┌──

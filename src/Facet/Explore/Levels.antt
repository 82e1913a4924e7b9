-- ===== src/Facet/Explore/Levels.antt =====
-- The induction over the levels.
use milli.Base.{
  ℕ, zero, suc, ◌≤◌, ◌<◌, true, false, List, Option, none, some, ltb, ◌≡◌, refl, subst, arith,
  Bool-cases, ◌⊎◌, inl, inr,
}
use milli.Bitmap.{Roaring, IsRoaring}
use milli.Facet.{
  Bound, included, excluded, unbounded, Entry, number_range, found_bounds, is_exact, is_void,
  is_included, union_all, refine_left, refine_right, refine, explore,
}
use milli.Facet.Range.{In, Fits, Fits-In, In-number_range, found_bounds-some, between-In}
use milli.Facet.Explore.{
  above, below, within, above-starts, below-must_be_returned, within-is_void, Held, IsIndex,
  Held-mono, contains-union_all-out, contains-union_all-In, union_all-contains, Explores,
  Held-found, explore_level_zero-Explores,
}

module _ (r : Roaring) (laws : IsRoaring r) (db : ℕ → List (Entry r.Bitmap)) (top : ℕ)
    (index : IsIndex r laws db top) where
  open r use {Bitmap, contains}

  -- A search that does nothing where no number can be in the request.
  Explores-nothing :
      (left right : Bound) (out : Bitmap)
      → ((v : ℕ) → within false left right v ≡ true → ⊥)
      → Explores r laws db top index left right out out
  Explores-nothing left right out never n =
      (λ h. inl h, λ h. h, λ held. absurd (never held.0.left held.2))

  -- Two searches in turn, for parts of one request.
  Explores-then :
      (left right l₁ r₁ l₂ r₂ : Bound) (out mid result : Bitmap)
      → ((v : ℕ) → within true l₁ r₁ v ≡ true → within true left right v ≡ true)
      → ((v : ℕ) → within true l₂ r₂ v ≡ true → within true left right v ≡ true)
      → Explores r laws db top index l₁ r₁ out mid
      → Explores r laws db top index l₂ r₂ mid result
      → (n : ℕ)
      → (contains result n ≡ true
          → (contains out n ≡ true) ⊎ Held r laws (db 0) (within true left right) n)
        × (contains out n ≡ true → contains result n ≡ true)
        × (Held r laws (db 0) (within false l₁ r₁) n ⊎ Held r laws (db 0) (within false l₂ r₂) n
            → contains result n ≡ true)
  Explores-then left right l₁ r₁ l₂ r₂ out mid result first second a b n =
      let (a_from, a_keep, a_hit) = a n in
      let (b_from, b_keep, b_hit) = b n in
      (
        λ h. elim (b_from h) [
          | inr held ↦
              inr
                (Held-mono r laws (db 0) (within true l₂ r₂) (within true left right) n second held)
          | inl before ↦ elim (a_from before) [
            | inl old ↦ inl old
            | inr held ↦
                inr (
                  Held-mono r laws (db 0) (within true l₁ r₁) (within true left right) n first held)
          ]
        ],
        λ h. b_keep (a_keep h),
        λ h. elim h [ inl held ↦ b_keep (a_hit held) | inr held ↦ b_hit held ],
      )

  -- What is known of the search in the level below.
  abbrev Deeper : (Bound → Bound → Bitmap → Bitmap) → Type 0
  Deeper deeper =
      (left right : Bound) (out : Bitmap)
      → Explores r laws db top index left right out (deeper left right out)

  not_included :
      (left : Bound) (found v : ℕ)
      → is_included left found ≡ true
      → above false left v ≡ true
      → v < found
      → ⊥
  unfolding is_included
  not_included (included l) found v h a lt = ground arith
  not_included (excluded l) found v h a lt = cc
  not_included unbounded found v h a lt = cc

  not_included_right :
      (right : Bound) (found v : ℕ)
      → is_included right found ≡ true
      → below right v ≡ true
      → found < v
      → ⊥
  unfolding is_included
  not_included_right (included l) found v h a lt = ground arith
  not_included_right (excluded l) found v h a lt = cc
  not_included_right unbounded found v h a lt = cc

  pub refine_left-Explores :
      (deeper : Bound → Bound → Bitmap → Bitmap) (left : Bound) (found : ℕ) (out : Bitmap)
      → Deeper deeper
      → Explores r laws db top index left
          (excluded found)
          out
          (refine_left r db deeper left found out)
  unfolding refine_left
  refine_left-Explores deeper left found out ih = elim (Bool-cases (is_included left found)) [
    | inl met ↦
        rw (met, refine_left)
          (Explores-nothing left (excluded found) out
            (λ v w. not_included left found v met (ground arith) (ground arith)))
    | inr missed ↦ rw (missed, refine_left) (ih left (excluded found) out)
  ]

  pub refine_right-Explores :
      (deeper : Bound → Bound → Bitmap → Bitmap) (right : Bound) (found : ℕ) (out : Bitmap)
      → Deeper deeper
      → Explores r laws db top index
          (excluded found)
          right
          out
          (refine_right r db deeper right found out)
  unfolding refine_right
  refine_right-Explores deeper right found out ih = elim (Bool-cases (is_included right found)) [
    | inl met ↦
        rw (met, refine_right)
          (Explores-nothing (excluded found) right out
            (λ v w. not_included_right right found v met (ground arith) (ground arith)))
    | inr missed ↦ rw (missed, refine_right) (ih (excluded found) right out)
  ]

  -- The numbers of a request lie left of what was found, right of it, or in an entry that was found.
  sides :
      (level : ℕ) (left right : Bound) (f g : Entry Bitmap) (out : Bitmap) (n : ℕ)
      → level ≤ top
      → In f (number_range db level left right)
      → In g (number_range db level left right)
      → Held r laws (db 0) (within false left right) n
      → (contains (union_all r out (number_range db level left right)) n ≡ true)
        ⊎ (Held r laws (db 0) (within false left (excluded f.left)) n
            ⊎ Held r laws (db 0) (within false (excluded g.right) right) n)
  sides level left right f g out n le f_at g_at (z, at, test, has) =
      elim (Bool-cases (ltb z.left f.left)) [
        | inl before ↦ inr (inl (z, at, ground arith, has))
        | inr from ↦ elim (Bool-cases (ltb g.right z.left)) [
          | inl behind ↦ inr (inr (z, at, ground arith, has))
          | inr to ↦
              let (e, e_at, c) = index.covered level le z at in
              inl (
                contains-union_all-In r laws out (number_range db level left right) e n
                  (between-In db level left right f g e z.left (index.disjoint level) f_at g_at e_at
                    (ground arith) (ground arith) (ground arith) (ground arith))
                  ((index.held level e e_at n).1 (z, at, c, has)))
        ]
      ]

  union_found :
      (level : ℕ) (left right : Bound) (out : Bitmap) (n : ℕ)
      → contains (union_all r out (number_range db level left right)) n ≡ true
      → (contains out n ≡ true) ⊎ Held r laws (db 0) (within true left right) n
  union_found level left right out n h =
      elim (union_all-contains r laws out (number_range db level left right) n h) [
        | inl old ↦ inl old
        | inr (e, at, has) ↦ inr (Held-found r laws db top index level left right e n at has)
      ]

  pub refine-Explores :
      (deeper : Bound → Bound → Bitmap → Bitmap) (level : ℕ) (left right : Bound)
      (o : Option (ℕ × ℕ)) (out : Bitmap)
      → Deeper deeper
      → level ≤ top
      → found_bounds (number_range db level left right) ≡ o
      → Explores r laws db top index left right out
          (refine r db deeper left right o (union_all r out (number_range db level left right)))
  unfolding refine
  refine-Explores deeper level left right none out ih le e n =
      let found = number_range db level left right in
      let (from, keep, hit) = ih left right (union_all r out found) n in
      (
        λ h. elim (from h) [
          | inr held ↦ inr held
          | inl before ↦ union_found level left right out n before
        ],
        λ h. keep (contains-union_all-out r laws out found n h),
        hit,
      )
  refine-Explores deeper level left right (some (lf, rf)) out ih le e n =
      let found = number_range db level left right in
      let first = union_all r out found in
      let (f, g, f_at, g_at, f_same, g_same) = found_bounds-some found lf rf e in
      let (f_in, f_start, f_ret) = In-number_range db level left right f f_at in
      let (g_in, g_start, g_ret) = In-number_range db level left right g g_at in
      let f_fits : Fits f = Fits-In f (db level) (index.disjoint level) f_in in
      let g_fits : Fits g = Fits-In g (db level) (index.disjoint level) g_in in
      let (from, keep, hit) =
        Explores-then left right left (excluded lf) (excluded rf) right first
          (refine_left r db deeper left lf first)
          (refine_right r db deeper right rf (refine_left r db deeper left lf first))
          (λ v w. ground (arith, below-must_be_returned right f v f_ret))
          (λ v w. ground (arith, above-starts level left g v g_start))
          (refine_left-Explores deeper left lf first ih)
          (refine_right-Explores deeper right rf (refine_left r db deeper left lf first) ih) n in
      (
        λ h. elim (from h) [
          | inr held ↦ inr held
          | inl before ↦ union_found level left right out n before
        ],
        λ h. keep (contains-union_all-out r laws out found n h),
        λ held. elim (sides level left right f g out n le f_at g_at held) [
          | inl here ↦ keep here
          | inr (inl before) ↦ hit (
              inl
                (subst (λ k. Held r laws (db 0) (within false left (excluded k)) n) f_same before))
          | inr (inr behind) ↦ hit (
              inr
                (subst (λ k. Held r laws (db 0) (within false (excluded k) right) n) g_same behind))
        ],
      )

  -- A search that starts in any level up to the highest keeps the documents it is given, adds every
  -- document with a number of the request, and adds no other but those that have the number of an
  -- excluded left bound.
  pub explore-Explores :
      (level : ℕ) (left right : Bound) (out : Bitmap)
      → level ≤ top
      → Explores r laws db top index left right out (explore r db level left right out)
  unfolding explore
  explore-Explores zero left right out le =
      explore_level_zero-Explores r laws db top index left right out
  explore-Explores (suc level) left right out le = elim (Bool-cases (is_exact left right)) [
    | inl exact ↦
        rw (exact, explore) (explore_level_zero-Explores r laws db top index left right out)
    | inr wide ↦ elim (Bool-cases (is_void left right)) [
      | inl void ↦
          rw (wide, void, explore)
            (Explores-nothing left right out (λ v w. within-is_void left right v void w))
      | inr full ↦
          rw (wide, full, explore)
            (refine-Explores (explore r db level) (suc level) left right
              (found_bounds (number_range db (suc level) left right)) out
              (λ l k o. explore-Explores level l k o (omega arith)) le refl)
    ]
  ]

└──
┌──

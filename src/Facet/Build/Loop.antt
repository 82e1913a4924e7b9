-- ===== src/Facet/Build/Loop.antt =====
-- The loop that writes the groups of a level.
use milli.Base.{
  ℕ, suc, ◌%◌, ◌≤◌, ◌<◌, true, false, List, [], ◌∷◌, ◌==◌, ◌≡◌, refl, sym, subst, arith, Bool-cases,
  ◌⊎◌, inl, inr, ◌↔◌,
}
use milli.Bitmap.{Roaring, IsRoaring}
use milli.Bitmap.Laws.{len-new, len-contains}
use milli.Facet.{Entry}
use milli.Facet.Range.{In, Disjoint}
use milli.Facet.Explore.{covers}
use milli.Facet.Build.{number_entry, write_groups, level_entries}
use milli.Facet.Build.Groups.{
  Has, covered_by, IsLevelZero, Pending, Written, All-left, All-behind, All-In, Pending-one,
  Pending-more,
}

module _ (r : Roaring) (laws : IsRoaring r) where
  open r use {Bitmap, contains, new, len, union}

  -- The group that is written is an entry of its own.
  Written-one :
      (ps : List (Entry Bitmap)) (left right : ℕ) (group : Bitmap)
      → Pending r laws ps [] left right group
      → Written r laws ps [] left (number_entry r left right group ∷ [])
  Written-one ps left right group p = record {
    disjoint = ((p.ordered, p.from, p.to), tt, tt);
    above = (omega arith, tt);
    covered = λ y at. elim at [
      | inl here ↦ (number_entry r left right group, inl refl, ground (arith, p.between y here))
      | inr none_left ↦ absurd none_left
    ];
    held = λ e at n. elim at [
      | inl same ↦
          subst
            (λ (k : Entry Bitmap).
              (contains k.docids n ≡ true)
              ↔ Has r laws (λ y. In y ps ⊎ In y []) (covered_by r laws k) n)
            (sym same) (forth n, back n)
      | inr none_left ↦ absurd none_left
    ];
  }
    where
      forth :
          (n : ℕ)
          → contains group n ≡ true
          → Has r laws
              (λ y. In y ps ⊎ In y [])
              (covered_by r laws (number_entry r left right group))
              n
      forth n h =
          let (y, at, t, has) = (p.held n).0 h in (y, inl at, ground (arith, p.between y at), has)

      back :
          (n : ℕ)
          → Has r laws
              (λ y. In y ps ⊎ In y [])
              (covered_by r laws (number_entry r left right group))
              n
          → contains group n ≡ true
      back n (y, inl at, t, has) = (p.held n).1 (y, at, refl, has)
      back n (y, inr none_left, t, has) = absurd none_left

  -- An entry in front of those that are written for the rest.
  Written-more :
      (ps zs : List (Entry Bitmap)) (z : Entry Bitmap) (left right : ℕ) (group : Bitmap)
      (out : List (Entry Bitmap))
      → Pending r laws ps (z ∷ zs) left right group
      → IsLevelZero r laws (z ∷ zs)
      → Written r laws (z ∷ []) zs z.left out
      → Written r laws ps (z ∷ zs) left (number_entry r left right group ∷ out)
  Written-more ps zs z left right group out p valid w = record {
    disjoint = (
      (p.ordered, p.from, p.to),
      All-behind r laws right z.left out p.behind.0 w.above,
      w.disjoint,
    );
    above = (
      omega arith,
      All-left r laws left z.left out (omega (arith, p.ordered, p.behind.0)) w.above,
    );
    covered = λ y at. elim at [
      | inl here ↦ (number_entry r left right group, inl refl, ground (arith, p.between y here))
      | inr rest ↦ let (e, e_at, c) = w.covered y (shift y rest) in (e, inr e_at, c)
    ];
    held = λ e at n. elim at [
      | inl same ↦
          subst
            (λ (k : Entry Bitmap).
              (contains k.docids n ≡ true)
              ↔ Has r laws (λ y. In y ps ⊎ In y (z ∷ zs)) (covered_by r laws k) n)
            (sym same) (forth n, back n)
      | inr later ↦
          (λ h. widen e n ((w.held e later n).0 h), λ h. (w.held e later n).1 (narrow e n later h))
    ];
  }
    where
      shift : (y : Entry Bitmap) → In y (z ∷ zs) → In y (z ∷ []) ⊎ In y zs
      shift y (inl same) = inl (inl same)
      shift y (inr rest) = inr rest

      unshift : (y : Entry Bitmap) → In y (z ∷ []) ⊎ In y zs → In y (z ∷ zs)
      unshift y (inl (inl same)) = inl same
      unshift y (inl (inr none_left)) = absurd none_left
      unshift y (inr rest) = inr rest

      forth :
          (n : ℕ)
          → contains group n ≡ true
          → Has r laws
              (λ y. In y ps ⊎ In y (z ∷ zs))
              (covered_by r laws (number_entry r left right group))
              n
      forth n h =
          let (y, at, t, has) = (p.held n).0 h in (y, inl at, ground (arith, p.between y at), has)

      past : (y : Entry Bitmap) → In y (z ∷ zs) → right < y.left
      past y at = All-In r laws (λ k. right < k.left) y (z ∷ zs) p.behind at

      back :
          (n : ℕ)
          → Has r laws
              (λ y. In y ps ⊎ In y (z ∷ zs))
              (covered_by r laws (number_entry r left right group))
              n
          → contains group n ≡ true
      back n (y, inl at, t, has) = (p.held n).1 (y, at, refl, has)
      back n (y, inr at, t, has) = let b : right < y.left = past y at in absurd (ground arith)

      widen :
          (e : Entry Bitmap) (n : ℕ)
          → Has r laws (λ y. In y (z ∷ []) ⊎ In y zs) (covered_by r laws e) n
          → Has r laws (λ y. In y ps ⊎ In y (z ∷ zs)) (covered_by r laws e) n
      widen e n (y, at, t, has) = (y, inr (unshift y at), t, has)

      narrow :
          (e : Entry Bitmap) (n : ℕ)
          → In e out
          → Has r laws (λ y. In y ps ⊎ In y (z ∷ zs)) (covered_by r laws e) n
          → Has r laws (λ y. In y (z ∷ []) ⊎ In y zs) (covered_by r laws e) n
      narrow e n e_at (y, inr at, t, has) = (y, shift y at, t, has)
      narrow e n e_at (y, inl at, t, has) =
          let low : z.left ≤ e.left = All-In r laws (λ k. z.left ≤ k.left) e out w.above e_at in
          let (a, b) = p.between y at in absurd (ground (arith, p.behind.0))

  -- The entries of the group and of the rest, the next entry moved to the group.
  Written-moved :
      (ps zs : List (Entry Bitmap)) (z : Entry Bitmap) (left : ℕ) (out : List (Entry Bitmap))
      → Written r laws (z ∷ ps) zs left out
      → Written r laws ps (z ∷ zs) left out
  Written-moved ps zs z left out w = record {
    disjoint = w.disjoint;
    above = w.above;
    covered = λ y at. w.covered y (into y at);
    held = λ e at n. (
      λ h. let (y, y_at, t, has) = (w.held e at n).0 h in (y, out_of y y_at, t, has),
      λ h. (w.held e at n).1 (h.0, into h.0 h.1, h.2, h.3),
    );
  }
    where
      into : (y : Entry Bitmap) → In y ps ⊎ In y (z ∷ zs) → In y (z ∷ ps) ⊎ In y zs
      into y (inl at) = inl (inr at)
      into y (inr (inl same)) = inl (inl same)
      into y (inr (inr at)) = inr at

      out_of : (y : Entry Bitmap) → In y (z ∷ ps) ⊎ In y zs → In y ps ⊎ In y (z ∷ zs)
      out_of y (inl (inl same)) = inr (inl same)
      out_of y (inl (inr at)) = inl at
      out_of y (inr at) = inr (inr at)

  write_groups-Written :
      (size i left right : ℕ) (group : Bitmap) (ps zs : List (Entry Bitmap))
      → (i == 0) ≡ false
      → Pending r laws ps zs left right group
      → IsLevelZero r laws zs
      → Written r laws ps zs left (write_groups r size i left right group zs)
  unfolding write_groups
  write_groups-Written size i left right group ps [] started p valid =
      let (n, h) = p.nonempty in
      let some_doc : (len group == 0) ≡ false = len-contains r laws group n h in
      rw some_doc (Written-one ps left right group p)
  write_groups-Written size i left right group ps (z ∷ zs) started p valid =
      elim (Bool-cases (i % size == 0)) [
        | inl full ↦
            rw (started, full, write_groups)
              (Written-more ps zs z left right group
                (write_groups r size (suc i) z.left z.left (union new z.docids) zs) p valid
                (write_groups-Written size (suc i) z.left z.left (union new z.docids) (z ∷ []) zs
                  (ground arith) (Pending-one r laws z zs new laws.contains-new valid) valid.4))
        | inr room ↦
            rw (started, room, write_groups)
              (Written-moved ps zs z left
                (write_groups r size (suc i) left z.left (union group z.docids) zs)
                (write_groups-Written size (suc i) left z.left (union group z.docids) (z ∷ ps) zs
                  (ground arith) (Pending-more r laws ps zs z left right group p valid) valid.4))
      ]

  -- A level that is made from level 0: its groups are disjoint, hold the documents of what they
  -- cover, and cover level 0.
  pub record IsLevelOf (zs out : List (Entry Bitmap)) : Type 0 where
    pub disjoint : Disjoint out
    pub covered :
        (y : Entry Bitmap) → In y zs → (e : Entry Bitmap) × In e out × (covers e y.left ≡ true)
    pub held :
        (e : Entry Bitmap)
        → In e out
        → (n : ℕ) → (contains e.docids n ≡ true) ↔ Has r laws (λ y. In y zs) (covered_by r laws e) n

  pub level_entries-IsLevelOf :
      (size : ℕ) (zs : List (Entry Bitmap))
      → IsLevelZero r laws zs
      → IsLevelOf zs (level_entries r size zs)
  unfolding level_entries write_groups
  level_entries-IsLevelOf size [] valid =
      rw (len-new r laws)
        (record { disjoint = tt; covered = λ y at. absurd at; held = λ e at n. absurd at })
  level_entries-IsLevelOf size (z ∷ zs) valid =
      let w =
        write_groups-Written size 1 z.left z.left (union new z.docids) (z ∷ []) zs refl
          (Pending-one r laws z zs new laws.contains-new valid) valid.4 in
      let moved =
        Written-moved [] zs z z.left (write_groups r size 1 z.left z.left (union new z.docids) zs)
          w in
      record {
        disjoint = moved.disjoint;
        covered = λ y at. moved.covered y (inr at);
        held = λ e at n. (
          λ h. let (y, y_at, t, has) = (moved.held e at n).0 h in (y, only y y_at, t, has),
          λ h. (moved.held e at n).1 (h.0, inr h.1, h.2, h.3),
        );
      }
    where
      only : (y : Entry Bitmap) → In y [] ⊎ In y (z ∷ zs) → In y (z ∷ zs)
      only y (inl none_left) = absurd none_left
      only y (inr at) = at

└──
┌──

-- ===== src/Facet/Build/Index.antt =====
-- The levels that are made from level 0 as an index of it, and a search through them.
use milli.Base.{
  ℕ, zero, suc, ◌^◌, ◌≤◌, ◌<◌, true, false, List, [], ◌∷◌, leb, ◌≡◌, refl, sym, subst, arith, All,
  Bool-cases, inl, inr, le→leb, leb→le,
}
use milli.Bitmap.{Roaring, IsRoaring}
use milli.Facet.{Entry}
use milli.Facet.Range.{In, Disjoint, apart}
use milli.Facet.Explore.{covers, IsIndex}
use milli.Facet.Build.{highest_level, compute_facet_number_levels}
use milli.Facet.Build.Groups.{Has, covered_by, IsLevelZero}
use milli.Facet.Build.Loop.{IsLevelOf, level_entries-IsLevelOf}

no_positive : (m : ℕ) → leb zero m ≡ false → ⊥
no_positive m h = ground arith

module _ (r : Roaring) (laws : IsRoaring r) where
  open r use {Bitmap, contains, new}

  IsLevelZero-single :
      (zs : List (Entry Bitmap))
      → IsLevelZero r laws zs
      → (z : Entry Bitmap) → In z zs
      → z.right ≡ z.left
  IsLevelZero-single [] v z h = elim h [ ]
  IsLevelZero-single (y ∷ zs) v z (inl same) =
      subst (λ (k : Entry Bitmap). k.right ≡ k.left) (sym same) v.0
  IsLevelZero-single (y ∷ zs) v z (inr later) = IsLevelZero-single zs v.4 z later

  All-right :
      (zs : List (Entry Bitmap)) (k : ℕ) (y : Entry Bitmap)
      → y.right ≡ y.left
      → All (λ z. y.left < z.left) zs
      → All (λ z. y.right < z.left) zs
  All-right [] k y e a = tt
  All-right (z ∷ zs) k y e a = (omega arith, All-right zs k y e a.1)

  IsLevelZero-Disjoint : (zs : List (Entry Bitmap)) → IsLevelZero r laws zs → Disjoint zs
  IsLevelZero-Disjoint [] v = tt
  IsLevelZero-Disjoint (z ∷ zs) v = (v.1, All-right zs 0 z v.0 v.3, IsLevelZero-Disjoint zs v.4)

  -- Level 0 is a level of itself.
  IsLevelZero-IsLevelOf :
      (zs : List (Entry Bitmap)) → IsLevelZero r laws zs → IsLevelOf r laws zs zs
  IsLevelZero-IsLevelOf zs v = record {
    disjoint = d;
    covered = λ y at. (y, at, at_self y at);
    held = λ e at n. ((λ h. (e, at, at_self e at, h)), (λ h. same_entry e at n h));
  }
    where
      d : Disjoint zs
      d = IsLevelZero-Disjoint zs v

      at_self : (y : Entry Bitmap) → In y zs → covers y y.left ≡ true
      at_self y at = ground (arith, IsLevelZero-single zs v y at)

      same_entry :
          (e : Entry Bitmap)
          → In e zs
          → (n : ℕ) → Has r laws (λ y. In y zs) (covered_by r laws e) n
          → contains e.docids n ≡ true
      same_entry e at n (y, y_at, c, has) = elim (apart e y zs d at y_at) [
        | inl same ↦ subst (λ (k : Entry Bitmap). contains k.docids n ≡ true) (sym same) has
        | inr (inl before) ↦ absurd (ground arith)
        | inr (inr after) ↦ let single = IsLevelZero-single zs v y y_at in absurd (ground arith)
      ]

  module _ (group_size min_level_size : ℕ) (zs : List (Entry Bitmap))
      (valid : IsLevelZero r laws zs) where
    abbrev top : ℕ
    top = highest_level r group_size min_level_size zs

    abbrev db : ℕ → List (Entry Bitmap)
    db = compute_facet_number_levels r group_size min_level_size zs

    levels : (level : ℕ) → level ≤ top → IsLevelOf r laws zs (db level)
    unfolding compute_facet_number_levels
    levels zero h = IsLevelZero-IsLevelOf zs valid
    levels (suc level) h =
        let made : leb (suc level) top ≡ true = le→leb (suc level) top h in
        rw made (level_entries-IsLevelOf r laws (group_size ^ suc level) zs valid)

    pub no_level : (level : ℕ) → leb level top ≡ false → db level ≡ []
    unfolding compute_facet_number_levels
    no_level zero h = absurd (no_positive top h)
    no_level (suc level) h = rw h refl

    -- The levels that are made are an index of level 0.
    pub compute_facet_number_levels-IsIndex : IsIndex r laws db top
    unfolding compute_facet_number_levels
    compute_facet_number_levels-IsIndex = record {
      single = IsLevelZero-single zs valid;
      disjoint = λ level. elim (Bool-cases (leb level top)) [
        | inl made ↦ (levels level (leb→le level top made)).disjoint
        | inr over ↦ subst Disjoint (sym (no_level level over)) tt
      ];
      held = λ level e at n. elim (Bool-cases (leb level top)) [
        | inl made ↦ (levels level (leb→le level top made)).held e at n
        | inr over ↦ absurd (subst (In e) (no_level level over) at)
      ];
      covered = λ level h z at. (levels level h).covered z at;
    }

└──

Task objective »
Show each line from the material above where the string "missed" can be found.

Written response »
    | inr missed ↦ rw (missed, refine_left) (ih left (excluded found) out)
    | inr missed ↦ rw (missed, refine_right) (ih (excluded found) right out)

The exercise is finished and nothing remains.